I've been in my job now for 2 years and as far as home life goes, it's absolutely ideal. I can walk to work; it's very near to the dds' school/nursery and childminder. The place itself is lovely.
But the dept I work in has been very very difficult. My manager wants me to just do my basic job and doesn't like me coming up with ideas or creativity as she feels it's me 'glory-seeking'. I'm not. I feel passionately about my job and I can't help being stimulated by it. But I've been told to basically shut up. I feel stifled and, ultimately, wasted.

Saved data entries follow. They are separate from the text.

-- ===== src/Policy/Examples.antt =====
-- Two layers of rules, and what the theorems on policies say of them.
-- `re2.search` is taken to be equality of texts here.
use doc_chat_template_scc.Common.{
  ◌≡◌, refl, Bool, true, false, none, some, List, [], ◌∷◌, String, str_eq, arith,
}
use doc_chat_template_scc.Common.Sort.{IsSorted, sorted}
use doc_chat_template_scc.Policy.{
  Pattern, Rule, CallOption, Layers, Policy, pattern_matches, find_option, compose_policy,
  rule_matches, match_policy,
}
use doc_chat_template_scc.Policy.Matching.{
  rule_matches_iff, match_policy-first, rule_matches-append_blank, rule_matches-append,
}
use doc_chat_template_scc.Common.{map, select}
use doc_chat_template_scc.Common.Sort.{key_is}
use doc_chat_template_scc.Policy.Composition.{
  rules_given, compose_policy-IsSorted, match_policy-compose_policy,
}

abbrev equals : String → String → Bool
equals = str_eq

abbrev only : String → Pattern
only text = record { whitelist = text; blacklist = ""; path_resolution = "" }

abbrev anything : Pattern
anything = only ""

abbrev list_files : Rule
list_files = record {
  id = 1;
  position = 0;
  positional_constraints = only "ls" ∷ [];
  option_constraints =
      (record { short = some "s"; long = some "sort"; pattern = only "time" }) ∷ [];
  cwd = anything;
  tier = "allow";
}

abbrev print_file : Rule
print_file = record {
  id = 2;
  position = 1;
  positional_constraints =
      only "cat"
      ∷ (record { whitelist = "/home/notes"; blacklist = ""; path_resolution = "." })
      ∷ [];
  option_constraints = [];
  cwd = anything;
  tier = "ask";
}

abbrev two_layers : Layers
two_layers = (7, print_file ∷ []) ∷ (3, list_files ∷ []) ∷ []

abbrev by_time : List CallOption
by_time = (record { short = none; long = some "sort"; value = some "time" }) ∷ []

abbrev composed : Policy
composed = (3, list_files) ∷ (7, print_file) ∷ []

composed_test : compose_policy two_layers ≡ composed
unfolding compose_policy sorted
composed_test = refl

list_files_test : rule_matches equals list_files ("ls" ∷ []) by_time "/" ≡ true
unfolding rule_matches pattern_matches find_option
list_files_test = refl

print_file_test : rule_matches equals print_file ("cat" ∷ "notes" ∷ []) [] "/home/" ≡ true
unfolding rule_matches pattern_matches find_option
print_file_test = refl

rule_matches_iff_example : pattern_matches equals "ls" (only "ls") "/" ≡ true
rule_matches_iff_example =
    ((rule_matches_iff equals list_files ("ls" ∷ []) by_time "/").0 list_files_test).1 0 (only "ls")
      refl

match_policy-first_example :
    match_policy equals composed ("cat" ∷ "notes" ∷ []) [] "/home/" ≡ some (7, print_file)
unfolding rule_matches pattern_matches find_option
match_policy-first_example =
    ((match_policy-first equals composed ("cat" ∷ "notes" ∷ []) [] "/home/").0 (7, print_file)).1
      ((3, list_files) ∷ [], [], refl, (refl, tt), print_file_test)

rule_matches-append_blank_example :
    rule_matches equals list_files ("ls" ∷ "" ∷ []) by_time "/"
    ≡ rule_matches equals list_files ("ls" ∷ []) by_time "/"
rule_matches-append_blank_example =
    rule_matches-append_blank equals list_files ("ls" ∷ []) by_time "/"

rule_matches-append_example :
    rule_matches equals list_files ("ls" ∷ "-l" ∷ []) by_time "/"
    ≡ rule_matches equals list_files ("ls" ∷ []) by_time "/"
rule_matches-append_example =
    rule_matches-append equals list_files ("ls" ∷ []) ("-l" ∷ []) by_time "/" (omega arith)

compose_policy-IsSorted_example :
    IsSorted (compose_policy two_layers)
    × (map (λ y. y.1) (select (key_is 7) (compose_policy two_layers)) ≡ rules_given 7 two_layers)
compose_policy-IsSorted_example = compose_policy-IsSorted two_layers 7

match_policy-compose_policy_example :
    rule_matches equals list_files ("cat" ∷ "notes" ∷ []) [] "/home/" ≡ false
unfolding compose_policy sorted match_policy rule_matches pattern_matches find_option
match_policy-compose_policy_example =
    (match_policy-compose_policy equals two_layers ("cat" ∷ "notes" ∷ []) [] "/home/"
        (7, print_file) refl).1.0.0
      (omega arith)
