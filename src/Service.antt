-- ===== src/Service.antt =====
-- casper_service/main.py: the parts of the HTTP service that decide, its routing left out.
-- An endpoint is a function on what it keeps; it returns, or it raises an `HTTPException`.
pub mod Data
pub mod Rates
pub mod Pace
pub mod Accounts
pub mod Tokens
pub mod Layers
pub mod Requests
pub mod RuleUpdates
pub mod Places
pub mod Reorder
pub mod Storage
pub mod Cap
pub mod Files
pub mod Codes
pub mod Once
pub mod Spared
pub mod Isolation
pub mod Hosts
pub mod Environments
pub mod Pairings
pub mod Forgetting
pub mod Approvals
pub mod Decisions
mod Examples
mod HostExamples
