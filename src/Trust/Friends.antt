-- ===== src/Trust/Friends.antt =====
-- Friends: casper_service/trust.py, the part under "Friends".
use doc_chat_template_scc.Common.{
  ℕ, suc, Bool, true, false, not, ◌&&◌, ◌||◌, Option, none, some, List, [], ◌∷◌, ◌++◌, map, String,
  if◌then◌else◌, ◌==◌, select, first, update, exists,
}
use doc_chat_template_scc.Trust.Data.{
  Db, Tuple, Edge, friend, member, grant, FriendRequest, FriendStatus, accepted, no_user,
  self_friend, already_friends, request_pending, not_friends, Action, ◌>>=◌, ◌>>◌, pure, gets,
  found, raise_if, modify, insert_tuple, revoke, is_active,
}
use doc_chat_template_scc.Trust.Users.{user_id_by_name, username}
use doc_chat_template_scc.Trust.Grants.{Grant, grants_between, revoke_grant_row}

abbrev pub is_friend_edge : Edge → Bool
is_friend_edge (friend tag) = true
is_friend_edge (member tag) = false
is_friend_edge (grant relation attrs) = false

abbrev pub is_member_edge : Edge → Bool
is_member_edge (friend tag) = false
is_member_edge (member tag) = true
is_member_edge (grant relation attrs) = false

unfoldable pub are_friends : Db → ℕ → ℕ → Bool
are_friends db a b =
    exists (λ t. t.subject_id == a && is_friend_edge t.edge && t.object_id == b && is_active t)
      db.tuples

unfoldable pub friends_of : Db → ℕ → List ℕ
friends_of db user_id =
    map (λ (t : Tuple). t.object_id)
      (select (λ t. t.subject_id == user_id && is_friend_edge t.edge && is_active t) db.tuples)

abbrev pub is_pending : FriendStatus → Bool
is_pending FriendStatus.pending = true
is_pending accepted = false
is_pending FriendStatus.declined = false

-- a pending request between two users, either way round
unfoldable pub request_between : Db → ℕ → ℕ → Bool
request_between db a b =
    exists
      (λ r.
        is_pending r.status
        && (r.from_user_id == a && r.to_user_id == b || r.from_user_id == b && r.to_user_id == a))
      db.friend_requests

abbrev pub insert_friend_request : ℕ → ℕ → Db → Db
insert_friend_request from_id to_id db = record db {
  friend_requests =
      db.friend_requests
      ++ (record {
        id = suc db.friend_request_seq;
        from_user_id = from_id;
        to_user_id = to_id;
        status = FriendStatus.pending;
        decided_at = none;
      })
        ∷ [];
  friend_request_seq = suc db.friend_request_seq;
}

unfoldable pub create_friend_request : ℕ → String → Action (ℕ × ℕ)
create_friend_request from_id to_username = do
  row ← gets (λ db. user_id_by_name db to_username)
  to_id ← found row no_user
  raise_if (to_id == from_id) self_friend
  friends ← gets (λ db. are_friends db from_id to_id)
  raise_if friends already_friends
  waiting ← gets (λ db. request_between db from_id to_id)
  raise_if waiting request_pending
  modify (insert_friend_request from_id to_id)
  gets (λ db. (db.friend_request_seq, to_id))

-- the two INSERTs of a new friendship, one for each direction
abbrev pub befriend : ℕ → Option ℕ → ℕ → ℕ → Db → Db
befriend now tag a b db = insert_tuple now b (friend tag) a (insert_tuple now a (friend tag) b db)

-- `if accept: …`
unfoldable pub settle_request : ℕ → Bool → FriendRequest → Db → Db
settle_request now accept row db =
    if accept then befriend now none row.from_user_id row.to_user_id db else db

unfoldable pub decide_friend_request : ℕ → ℕ → Bool → Db → Option FriendRequest × Db
unfolding settle_request
decide_friend_request now request_id accept db =
    elim (first (λ r. r.id == request_id && is_pending r.status) db.friend_requests) [
      | none ↦ (none, db)
      | some row ↦
          let decided = record db {
            friend_requests =
                update (λ r. r.id == request_id)
                  (λ r. record r {
                    status = if accept then accepted else FriendStatus.declined;
                    decided_at = some now;
                  })
                  db.friend_requests;
          } in
          (some row, settle_request now accept row decided)
    ]

-- both directions of a pair
abbrev pub pair_is : ℕ → ℕ → ℕ → ℕ → Bool
pair_is u v a b = a == u && b == v || a == v && b == u

unfoldable pub end_friendship : ℕ → ℕ → ℕ → Db → Db
end_friendship ts u v db = record db {
  tuples =
      update (λ t. is_friend_edge t.edge && is_active t && pair_is u v t.subject_id t.object_id)
        (revoke ts) db.tuples;
}

-- `object_id IN (SELECT id FROM groups WHERE owner_user_id = owner)`
abbrev pub group_owned : Db → ℕ → ℕ → Bool
group_owned db group_id owner = exists (λ g. g.owner_user_id == owner && g.id == group_id) db.groups

unfoldable pub leave_groups : ℕ → ℕ → ℕ → Db → Db
leave_groups ts u v db = record db {
  tuples =
      update
        (λ t.
          is_member_edge t.edge
          && is_active t
          && (t.subject_id == u && group_owned db t.object_id v
              || t.subject_id == v && group_owned db t.object_id u))
        (revoke ts) db.tuples;
}

unfoldable pub revoke_grant_rows : ℕ → List Grant → Db → Db
unfolding revoke_grant_row
revoke_grant_rows ts [] db = db
revoke_grant_rows ts (g ∷ gs) db = revoke_grant_rows ts gs (revoke_grant_row g.id ts db)

unfoldable pub remove_friend : ℕ → ℕ → String → Action (List Grant)
remove_friend now user_id other_username = do
  row ← gets (λ db. user_id_by_name db other_username)
  other_id ← found row not_friends
  friends ← gets (λ db. are_friends db user_id other_id)
  raise_if (not friends) not_friends
  modify (end_friendship now user_id other_id)
  modify (leave_groups now user_id other_id)
  revoked ← gets (λ db. grants_between db user_id other_id ++ grants_between db other_id user_id)
  modify (revoke_grant_rows now revoked)
  pure revoked

-- an entry of `pending_friend_requests`
pub record RequestEntry : Type 0 where
  pub id : ℕ
  pub username : String

abbrev pub has_user : Db → ℕ → Bool
has_user db user_id = exists (λ u. u.id == user_id) db.users

-- `JOIN users`: a request of a user who is not there is dropped
unfoldable pub request_entries : Db → (FriendRequest → ℕ) → List FriendRequest → List RequestEntry
request_entries db other [] = []
request_entries db other (r ∷ rs) =
    let rest = request_entries db other rs in
    if has_user db (other r)
    then (record { id = r.id; username = username db (other r) }) ∷ rest
    else rest

unfoldable pub pending_friend_requests : Db → ℕ → List RequestEntry × List RequestEntry
unfolding request_entries
pending_friend_requests db user_id = (
  request_entries db (λ r. r.from_user_id)
      (select (λ r. r.to_user_id == user_id && is_pending r.status) db.friend_requests),
  request_entries db (λ r. r.to_user_id)
      (select (λ r. r.from_user_id == user_id && is_pending r.status) db.friend_requests),
)
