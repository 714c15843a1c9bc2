-- ===== src/Trust/Offerings.antt =====
-- Offerings and access requests: casper_service/trust.py, the part under "Offerings".
use doc_chat_template_scc.Common.{
  ℕ, suc, Bool, true, false, not, ◌&&◌, ◌||◌, Option, none, some, List, [], ◌∷◌, ◌++◌, map, String,
  if◌then◌else◌, ◌==◌, is_none, is_some, select, first, update, exists,
}
use doc_chat_template_scc.Common.Int.{ℤ, pos, leb_ℤ, ltb_ℤ}
use doc_chat_template_scc.Trust.Data.{
  Db, Kind, kind_of, relation_by_kind, WriteTier, tier_of, GrantAttrs, grant, Offering,
  AccessRequest, AccessStatus, host_not_paired, bad_write_tier, unknown_kind, no_offering,
  own_offering, friends_only, bad_quota, already_granted, already_asked, Action, ◌>>=◌, ◌>>◌, gets,
  found, raise_if, modify, insert_tuple,
}
use doc_chat_template_scc.Trust.Users.{owns_paired_host, username, host_label}
use doc_chat_template_scc.Trust.Grants.{active_grant}
use doc_chat_template_scc.Trust.Friends.{are_friends, friends_of}

abbrev pub insert_offering : ℕ → ℕ → Kind → ℤ → WriteTier → Db → Db
insert_offering owner host k quota tier db = record db {
  offerings =
      db.offerings
      ++ (record {
        id = suc db.offering_seq;
        owner_user_id = owner;
        host_id = host;
        kind = k;
        max_quota_bytes = quota;
        write_tier = tier;
        withdrawn_at = none;
      })
        ∷ [];
  offering_seq = suc db.offering_seq;
}

unfoldable pub publish_offering : ℕ → ℕ → ℤ → String → String → Action ℕ
publish_offering owner_id host_id max_quota_bytes write_tier kind = do
  paired ← gets (λ db. owns_paired_host db owner_id host_id)
  raise_if (not paired) host_not_paired
  tier ← found (tier_of write_tier) bad_write_tier
  k ← found (kind_of kind) unknown_kind
  modify (insert_offering owner_id host_id k max_quota_bytes tier)
  gets (λ db. db.offering_seq)

abbrev pub is_offered : Offering → Bool
is_offered o = is_none o.withdrawn_at

abbrev pub own_open_offering : ℕ → ℕ → Offering → Bool
own_open_offering owner_id offering_id o =
    o.id == offering_id && o.owner_user_id == owner_id && is_offered o

-- `cur.rowcount == 0`: the statement met no row
unfoldable pub withdraw_offering : ℕ → ℕ → ℕ → Action Unit
withdraw_offering now owner_id offering_id = do
  met ← gets (λ db. exists (own_open_offering owner_id offering_id) db.offerings)
  modify (λ db. record db {
    offerings =
        update (own_open_offering owner_id offering_id) (λ o. record o { withdrawn_at = some now })
          db.offerings;
  })
  raise_if (not met) no_offering

abbrev pub is_waiting : AccessStatus → Bool
is_waiting AccessStatus.pending = true
is_waiting AccessStatus.granted = false
is_waiting AccessStatus.declined = false

-- a pending request of a user for an offering
unfoldable pub already_requested : Db → ℕ → ℕ → Bool
already_requested db offering_id requester_id =
    exists
      (λ r.
        r.offering_id == offering_id && r.requester_user_id == requester_id && is_waiting r.status)
      db.access_requests

-- the field "yours" of an offering that somebody else owns
pub data Standing : Type 0 where
  granted requested neither : Standing

-- What `_offering_dict` makes of a row; the quota stays in bytes, where the source rounds it to GB.
pub record OfferingEntry : Type 0 where
  pub id : ℕ
  pub owner : String
  pub host : String
  pub kind : Kind
  pub max_quota_bytes : ℤ
  pub write_tier : WriteTier
  pub yours : Option Standing

unfoldable pub standing : Db → Offering → ℕ → Standing
standing db o viewer_id =
    if is_some (active_grant db viewer_id o.host_id o.owner_user_id (relation_by_kind o.kind))
    then Standing.granted
    else if already_requested db o.id viewer_id
    then requested
    else neither

unfoldable pub offering_dict : Db → ℕ → Offering → OfferingEntry
offering_dict db viewer_id o = record {
  id = o.id;
  owner = username db o.owner_user_id;
  host = host_label db o.owner_user_id o.host_id;
  kind = o.kind;
  max_quota_bytes = o.max_quota_bytes;
  write_tier = o.write_tier;
  yours = if o.owner_user_id == viewer_id then none else some (standing db o viewer_id);
}

-- `owner_user_id IN (friend ids)`
abbrev pub owner_in : List ℕ → Offering → Bool
owner_in ids o = exists (λ i. i == o.owner_user_id) ids

unfoldable pub list_offerings : Db → ℕ → List OfferingEntry × List OfferingEntry
list_offerings db viewer_id = (
  map (offering_dict db viewer_id)
      (select (λ o. o.owner_user_id == viewer_id && is_offered o) db.offerings),
  map (offering_dict db viewer_id)
      (select (λ o. owner_in (friends_of db viewer_id) o && is_offered o) db.offerings),
)

abbrev pub insert_access_request : ℕ → ℕ → ℤ → Db → Db
insert_access_request offering requester quota db = record db {
  access_requests =
      db.access_requests
      ++ (record {
        id = suc db.access_request_seq;
        offering_id = offering;
        requester_user_id = requester;
        quota_bytes = quota;
        status = AccessStatus.pending;
        decided_at = none;
      })
        ∷ [];
  access_request_seq = suc db.access_request_seq;
}

-- `quota_bytes <= 0 or quota_bytes > max_quota_bytes`
abbrev pub quota_refused : ℤ → ℤ → Bool
quota_refused quota max_quota = leb_ℤ quota (pos 0) || ltb_ℤ max_quota quota

unfoldable pub create_access_request : ℕ → ℕ → ℤ → Action (ℕ × Offering)
create_access_request requester_id offering_id quota_bytes = do
  row ← gets (λ db. first (λ o. o.id == offering_id && is_offered o) db.offerings)
  offering ← found row no_offering
  raise_if (offering.owner_user_id == requester_id) own_offering
  friends ← gets (λ db. are_friends db requester_id offering.owner_user_id)
  raise_if (not friends) friends_only
  raise_if (quota_refused quota_bytes offering.max_quota_bytes) bad_quota
  held ← gets (λ db.
      active_grant db requester_id offering.host_id offering.owner_user_id
        (relation_by_kind offering.kind))
  raise_if (is_some held) already_granted
  asked ← gets (λ db. already_requested db offering_id requester_id)
  raise_if asked already_asked
  modify (insert_access_request offering_id requester_id quota_bytes)
  gets (λ db. (db.access_request_seq, offering))

abbrev pub grant_attrs : ℕ → ℤ → WriteTier → ℕ → Option ℕ → GrantAttrs
grant_attrs owner quota tier offering invite = record {
  owner_user_id = owner;
  quota_bytes = quota;
  write_tier = tier;
  offering_id = offering;
  invite_id = invite;
}

unfoldable pub write_grant : ℕ → AccessRequest → Offering → Db → Db
write_grant now r o db =
    if are_friends db r.requester_user_id o.owner_user_id
    then insert_tuple now r.requester_user_id
        (grant (relation_by_kind o.kind)
          (grant_attrs o.owner_user_id r.quota_bytes o.write_tier r.offering_id none))
        o.host_id db
    else db

unfoldable pub decide_access : ℕ → Bool → AccessRequest → Offering → Db → Db
unfolding write_grant
decide_access now grant_it r o db =
    let decided = record db {
      access_requests =
          update (λ q. q.id == r.id)
            (λ q. record q {
              status = if grant_it then AccessStatus.granted else AccessStatus.declined;
              decided_at = some now;
            })
            db.access_requests;
    } in
    if grant_it then write_grant now r o decided else decided

-- `decide_access_request`; the JOIN drops a request whose offering is not there
unfoldable pub decide_access_request : ℕ → ℕ → Bool → Db → Option (AccessRequest × Offering) × Db
unfolding decide_access
decide_access_request now request_id grant_it db =
    elim (first (λ r. r.id == request_id && is_waiting r.status) db.access_requests) [
      | none ↦ (none, db)
      | some r ↦ elim (first (λ o. o.id == r.offering_id) db.offerings) [
        | none ↦ (none, db)
        | some o ↦ (some (r, o), decide_access now grant_it r o db)
      ]
    ]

I've tried to channel my energies into other areas with some success, but the top and bottom of it is that my specialist area of 'expertise' is what makes me the happiest. I started feeling stressed well over a year ago about the whole situation and developed symptoms of IBS. The a couple of months ago I started getting heart palpitations which eventually developed into an ectopic heartbeat. I've had lots of tests and the verdict is stress. It's improved slightly and I'm not missing beats anymore, but if it gets worse again I might have to take beta-blockers, which I want to avoid if possible.
I told my immediate boss (of the dept I work in) and she is oblivious to the way the stress culminated. She thinks it's a sign that I can't cope with my busy life. I don't have the energy to argue her as, in the past, attempts by me to try to make things better have all backfired. I know the stress is caused by the way I am managed; nothing to do with workload.
I have an appointment with my big boss in a couple of days and I think I'll have to tell him I'm going to have to leave. I just want to do what I'm good at and develop myself creatively and I think there may be opportunities to do this at another place a few miles away. This would have a knock-on effect on our homelife but not horrendously so.
But I'm starting to think: am I being unrealistic to think I can 'have it all ways'? I just think I have such a lot to give to the right job. and my body is definitely telling me it's had enough. Could I use other methods to help me 'let go' of my frustration though and stay where I am? Reflexology, massage or something?